This distinction matters in public education and public education reform because all public institutions in the U.S. are by their tax-supported status at the mercy of partisan politics.

From around 1980, in fact, politicians at the local, state, and national levels have discovered that public education is a powerful and effective political football. The standard politician’s refrain is “Schools are horrible, and I can make them better!”

The current rise of the inexpert ruling class at the presidential level has been foreshadowed for more than three decades by the partisan politics around education reform—politicians and political appointees with no experience or expertise in education imposing pet reform initiatives onto public schools because these policies appeal to an equally mis-informed public.

Even with large failed crucibles such as New Orleans post-Katrina, political leaders remain committed to finding themselves in a hole and continuing to dig.

In my home state of South Carolina, infamous for our Corridor of Shame, Charleston, on the east coast and part of that corridor, continues to represent the savage inequalities that result from a combination of an inexpert ruling class and an absence of political courage.

Charleston schools reflect the most stark facts about and problems with K-12 education across the U.S.: private and gate-keeping public schools (such as academies, magnet schools, and some charter schools) that provide outstanding opportunities for some students in contrast to grossly ignored high-poverty, majority-minority public schools that mis-serve “other people’s children.”

As a result of these inequities and dramatically different student outcomes exposed by the accountability era obsession with test scores, Charleston has played the education reform game, committing to provably failed policies over and over: school choice, school closures and takeovers, school turnaround scams, overstating charter schools as “miracles,” and investing in Teach For America.

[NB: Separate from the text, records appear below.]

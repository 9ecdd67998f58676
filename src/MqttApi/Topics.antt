-- ===== src/MqttApi/Topics.antt =====
-- src/mqtt_api.rs: the topic of a section, as `initial_pubs` announces it and as `process_msg` reads it.
use Prim.Native.String.{String}
use rinklers.Prelude.{
  ℕ, ◌-◌, ◌<◌, ◌≡◌, refl, ◌∙◌, inr, some, List, [], ◌∷◌, ◌++◌, Bool, true, ltb, ◌==◌, if◌then◌else◌,
  done, get_elem?, arith,
}
use rinklers.Section.{NoopSection, LogSection, log_section, noop_section}
use rinklers.Util.Durations.Library.{CharTables, Chrono}
use rinklers.Util.Durations.{to_string}
use rinklers.MqttApi.{
  from_str_radix, normal, names, skip, Payloads, State, setting_state, accepted, Incoming,
  process_msg,
}
use rinklers.MqttApi.Index.{codes, usize_bound, from_str_radix-to_string}
use rinklers.MqttApi.Client.{Json, Mqttc, section_topic}
use rinklers.MqttApi.Requests.{Addresses, set_state-sets}

append-cancel : {A : Type 0} (l a b : List A) → l ++ a ≡ l ++ b → a ≡ b
append-cancel [] a b h = h
append-cancel (x ∷ l) a b h = append-cancel l a b (cc h)

module _ (p : Payloads) (j : Json) (q : Mqttc p) (ch : CharTables) (k : Chrono) where
  open p use {from_utf8, bool_from_str}

  -- what stands for the index in the announced topic of a section is read as the index
  announced_index :
      (prefix : List ℕ) (i : ℕ) (idx_str : String)
      → section_topic p j q prefix i ≡ prefix ++ (codes "sections/" ++ codes idx_str)
      → i < usize_bound
      → from_str_radix idx_str ≡ some i
  announced_index prefix i idx_str announced lt =
      let printed : to_string i ≡ codes idx_str =
        append-cancel (codes "sections/") _ _ (append-cancel prefix _ _ announced) in
      let fits : ltb i usize_bound ≡ true = ground (arith, lt) in
      from_str_radix-to_string idx_str i (cc printed) ∙ rw fits refl

  -- A section has an index below 2^64, and its announced topic is the prefix, `sections/` and a level without
  -- more. A message whose levels behind the prefix are `sections`, that level and `set_state`, with a
  -- payload that reads as a Boolean value, sets the state of this section and of no other, and is accepted
  -- under the section's name.
  pub announced-sets :
      (n : ℕ) (prefix : List ℕ) (st : State) (msg : Incoming p) (idx_str payload : String)
      (i chan : ℕ) (sec : LogSection NoopSection) (b : Bool)
      → section_topic p j q prefix i ≡ prefix ++ (codes "sections/" ++ codes idx_str)
      → i < usize_bound
      → skip (n - 1) msg.topic ≡ normal "sections" ∷ normal idx_str ∷ normal "set_state" ∷ []
      → get_elem? st.sections i ≡ some sec
      → from_utf8 msg.payload ≡ inr payload
      → bool_from_str payload ≡ inr b
      → let r = process_msg p ch k n st msg chan in
        (r.0 ≡ done (accepted (setting_state (log_section.name sec) b)))
        × ((l : ℕ)
            → get_elem? r.1.sections l
              ≡ (if i == l then some (log_section.set_state sec b) else get_elem? st.sections l))
  unfolding names
  announced-sets n prefix st msg idx_str payload i chan sec b announced lt levels found text read =
      let a : Addresses p ch k n st msg "set_state" payload i sec = record {
        idx_str = idx_str;
        rest = [];
        more = [];
        levels = levels;
        all_normal = refl;
        index = announced_index prefix i idx_str announced lt;
        found = found;
        text = text;
      } in
      let sets = set_state-sets p ch k n st msg payload i chan sec b a read in (sets.0, sets.2)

Why do all these policies fail and what ultimately is wrong with inexpert leadership? The absence of political courage to address directly the blunt causes of inequitable student outcomes in both the lives and education of students.

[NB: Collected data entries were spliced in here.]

-- ===== src/Lib.antt =====
-- A verification library of terminal_status_panel, the status panel of a terminal login: collectors
-- read the state of the host, of Docker and of the clusters on it, under a budget of time; renderers
-- turn what they found into panels; follow mode draws the panels again and again; and
-- `status-collect` keeps, with the rights it needs, the part of the state that a login may not read.
-- Collectors hand records of `model` to the renderers, and never talk to one another otherwise.
--
-- Base: names of the libraries passed on, lists, texts, dicts and the stable sort.
-- Model: src/terminal_status_panel/model. Records have the source's fields; a property is a function.
-- Budget: src/terminal_status_panel/budget.py, `run_with_budget` and `_join_stragglers`.
-- Docker: src/terminal_status_panel/collectors/docker.py and _labels.py. Docker.Nodes is `_node_map`,
--   Docker.Tasks `_service_tasks` and `_last_run`, Docker.Trouble `_failed_history` and
--   `_service_trouble`, Docker.Containers the local containers and `_container_groups`,
--   Docker.Memory and Docker.Disk what these hold, Docker.Services the rows, and Docker.Collect
--   `collect_docker`.
-- Clusters: src/terminal_status_panel/collectors/clusters.py: `locate_member`, `exec_text` and
--   `kind_for_service`; Clusters.Postgres, Clusters.Mongo and Clusters.Kafka parse what the commands
--   print, Clusters.Hosts holds GlusterFS and RustFS, and Clusters.Probes goes from the index of
--   containers to the verdict.
-- Config: src/terminal_status_panel/config.py, the accessors of `_Reader`.
-- Collector: src/terminal_status_panel/collector; Collector.Journal is journal.py, Collector.Vrrp is
--   vrrp.py, Collector.Apt is apt.py, and Collector.Run is run.py, one run over its sources.
-- Follow: src/terminal_status_panel/follow.py, the status row, the cropping and the loop.
-- HostState: src/terminal_status_panel/collectors/hoststate.py, `host_trouble`, the rows of the host's
--   events that `status-collect` counted.
-- StateFile: src/terminal_status_panel/model/host.py and `read_host_state`, the file between
--   `status-collect` and the panel.
-- Traefik: src/terminal_status_panel/collectors/traefik_parse.py: entrypoints, labels and the API's
--   answer.
-- Install: src/terminal_status_panel/install.py: the managed block of a login shell's profile, and in
--   Install.Collector the files and units of `status-collect`.
-- Render: src/terminal_status_panel/render; Render.Packing is packing.py, and Render.Verdict is
--   verdict.py with the glyphs of icons.py.
--
-- A time is a number: milliseconds in Follow, microseconds elsewhere. The clock is read once in a
-- collector, where the source reads it at each comparison. Text whose length matters is a list of
-- code points, other text a string. An absent key, a null and an exception of a call are `none`.
-- Sizes and exit codes are not negative. Parameters stand for what is not in the repository: the
-- Docker API, journalctl, systemctl, gluster, the clock, JSON and XML documents, `str.lower` and
-- `int(s, 16)`, rich's widths and heights, Python's float format, and which integers `repr` prints.
--
-- Every loop of the source is a recursion on the list that it walks over. Fuel is used for the digits
-- of a number alone: one more than the number, and a number has fewer digits than that.
-- The endless loop of follow mode is a function of the passes that it makes until it is interrupted.
--
-- Not modelled: the other collectors, the other renderers, the sections of the configuration and the
-- command line. What the modelled code reads of them are arguments. The locks of the index of
-- containers and the timeouts of curl, which are floats, are not modelled either.
pub mod Base
pub mod Model
pub mod Budget
pub mod Clusters
pub mod Config
pub mod Collector
pub mod Docker
pub mod Follow
pub mod HostState
pub mod Install
pub mod Render
pub mod StateFile
pub mod Traefik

Currently in Charleston, the closing of Lincoln High and transferring those students to Wando High (see here and here) highlight that the gap between commitments to failed edureform and political courage to do something different persists.

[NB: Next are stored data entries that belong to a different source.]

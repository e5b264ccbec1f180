-- ===== src/Base/Texts.antt =====
-- Text whose length matters is the list of its code points. Text that is only compared is a
-- `String`.
use Prim.Native.Nat.{ℕ, zero, suc, ◌+◌, ◌/◌, ◌%◌}
use Prim.Native.Char.{code}
use Prim.Native.String.{String, compare, ◌++◌ as ◌<>◌}
use mathlib.Core.Bool.{Bool, true, false, ◌&&◌, ◌||◌}
use mathlib.Core.Option.{Option, none, some}
use mathlib.Core.List.{List, [], ◌∷◌, ◌++◌}
use text.Mathlib.Text.{is_le, is_lt}
pub use text.Mathlib.Text.{◌==◌ as str_eq}
use terminal_status_panel.Base.Lists.{get_or}
use terminal_status_panel.Base.Tests.{ltb, leb, ◌==◌, if◌then◌else◌}

abbrev pub Text : Type 0
Text = List ℕ

abbrev pub codes : String → Text
codes String.[] = []
codes (String.◌∷◌ c s) = code c ∷ codes s

-- The decimal digits of a number, most significant first. `fuel` bounds their count.
abbrev show_fuel : ℕ → ℕ → Text → Text
show_fuel zero n out = out
show_fuel (suc fuel) n out =
    let out' : Text = (n % 10 + b'0') ∷ out in
    let more = show_fuel fuel (n / 10) out' in if ltb n 10 then out' else more

-- `str(n)`: a number has fewer digits than itself plus one.
unfoldable pub show_ℕ : ℕ → Text
show_ℕ n = show_fuel (suc n) n []

-- `s in (…)`
abbrev pub mem : String → List String → Bool
mem s [] = false
mem s (x ∷ xs) = str_eq x s || mem s xs

abbrev digit : ℕ → String
digit n = get_or ("0" ∷ "1" ∷ "2" ∷ "3" ∷ "4" ∷ "5" ∷ "6" ∷ "7" ∷ "8" ∷ "9" ∷ []) n "9"

abbrev shown_fuel : ℕ → ℕ → String → String
shown_fuel zero n out = out
shown_fuel (suc fuel) n out =
    let out' : String = digit (n % 10) <> out in
    let more = shown_fuel fuel (n / 10) out' in if ltb n 10 then out' else more

-- `f"{n}"`
unfoldable pub shown : ℕ → String
shown n = shown_fuel (suc n) n ""

-- The code points that Python's `str.isspace` accepts.
abbrev pub is_space : ℕ → Bool
is_space c =
    (leb 9 c && leb c 13)
    || (leb 28 c && leb c 32)
    || c == 133
    || c == 160
    || c == 5760
    || (leb 8192 c && leb c 8202)
    || c == 8232
    || c == 8233
    || c == 8239
    || c == 8287
    || c == 12288

abbrev pub is_empty : String → Bool
is_empty String.[] = true
is_empty (String.◌∷◌ c s) = false

abbrev strip_left : String → String
strip_left String.[] = ""
strip_left (String.◌∷◌ c s) =
    let rest = strip_left s in if is_space (code c) then rest else String.◌∷◌ c s

abbrev strip_right : String → String
strip_right String.[] = ""
strip_right (String.◌∷◌ c s) =
    let rest = strip_right s in if is_space (code c) && is_empty rest then "" else String.◌∷◌ c rest

-- `s.strip()`
unfoldable pub strip : String → String
strip s = strip_right (strip_left s)

-- `s.split(c, 1)[0]` for a separator of one character.
unfoldable pub before : ℕ → String → String
before sep String.[] = ""
before sep (String.◌∷◌ c s) =
    let rest = before sep s in if code c == sep then "" else String.◌∷◌ c rest

-- `s or None`
abbrev pub nonempty : Option String → Option String
nonempty none = none
nonempty (some s) = if is_empty s then none else some s

-- `s or default`
abbrev pub or_text : Option String → String → String
or_text none default = default
or_text (some s) default = if is_empty s then default else s

-- `s <= t`, which compares code points.
abbrev pub text_leb : String → String → Bool
text_leb s t = is_le (compare s t)

-- `s < t`
abbrev pub text_ltb : String → String → Bool
text_ltb s t = is_lt (compare s t)

abbrev lower_code : ℕ → ℕ
lower_code c = if leb 65 c && leb c 90 then c + 32 else c

-- `s.lower() == t`, for a text `t` of ASCII letters other than `k`, which nothing outside ASCII
-- becomes.
unfoldable pub lower_is : String → String → Bool
lower_is String.[] String.[] = true
lower_is String.[] (String.◌∷◌ d t) = false
lower_is (String.◌∷◌ c s) String.[] = false
lower_is (String.◌∷◌ c s) (String.◌∷◌ d t) = lower_code (code c) == code d && lower_is s t

-- `sep.join(parts)`
unfoldable pub joined : Text → List Text → Text
joined sep [] = []
joined sep (part ∷ []) = part
joined sep (part ∷ next ∷ parts) = part ++ (sep ++ joined sep (next ∷ parts))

The debates and controversy over how former Lincoln students are now performing at Wando offer some important lessons, such as the following:

  • The media and the public should be aware of partisan political code. A garbled reach for “the soft bigotry of low expectations” has been used to explain why Lincoln students’ grades have dropped while at Wando. The “soft bigotry” mantra is a conservative slur triggering the public’s belief in “bleeding heart liberals,” who coddle minorities. But the more damning part of the code is that it focuses blame on the administration and teachers in high-poverty, majority-minority schools and thus away from political leadership.
  • And thus, the public needs to distinguish between blaming educators at Lincoln for low expectations (again, garbled as “low standards”) and the expected consequences of high-poverty, majority-minority schools suffering with high teacher turnover, annual under-staffing, and persistent teacher workforces that are new and/or un-/under-certified. Additionally, the accountability era has unrealistic demands of these schools when compared to low-poverty, low-minority schools that have much greater percentages of experienced and certified teachers.
  • The apparent drop in student grades and test scores from Lincoln to Wando is extremely important data that deserve close scrutiny, but so far, that scrutiny has been reduced to partisan politics and deflecting blame. Dozens of reasons could explain the grade differences, including the transfer as well as the staffing differences between the two schools (neither of which is the simplistic “soft bigotry” argument used primarily to justify closing a community school).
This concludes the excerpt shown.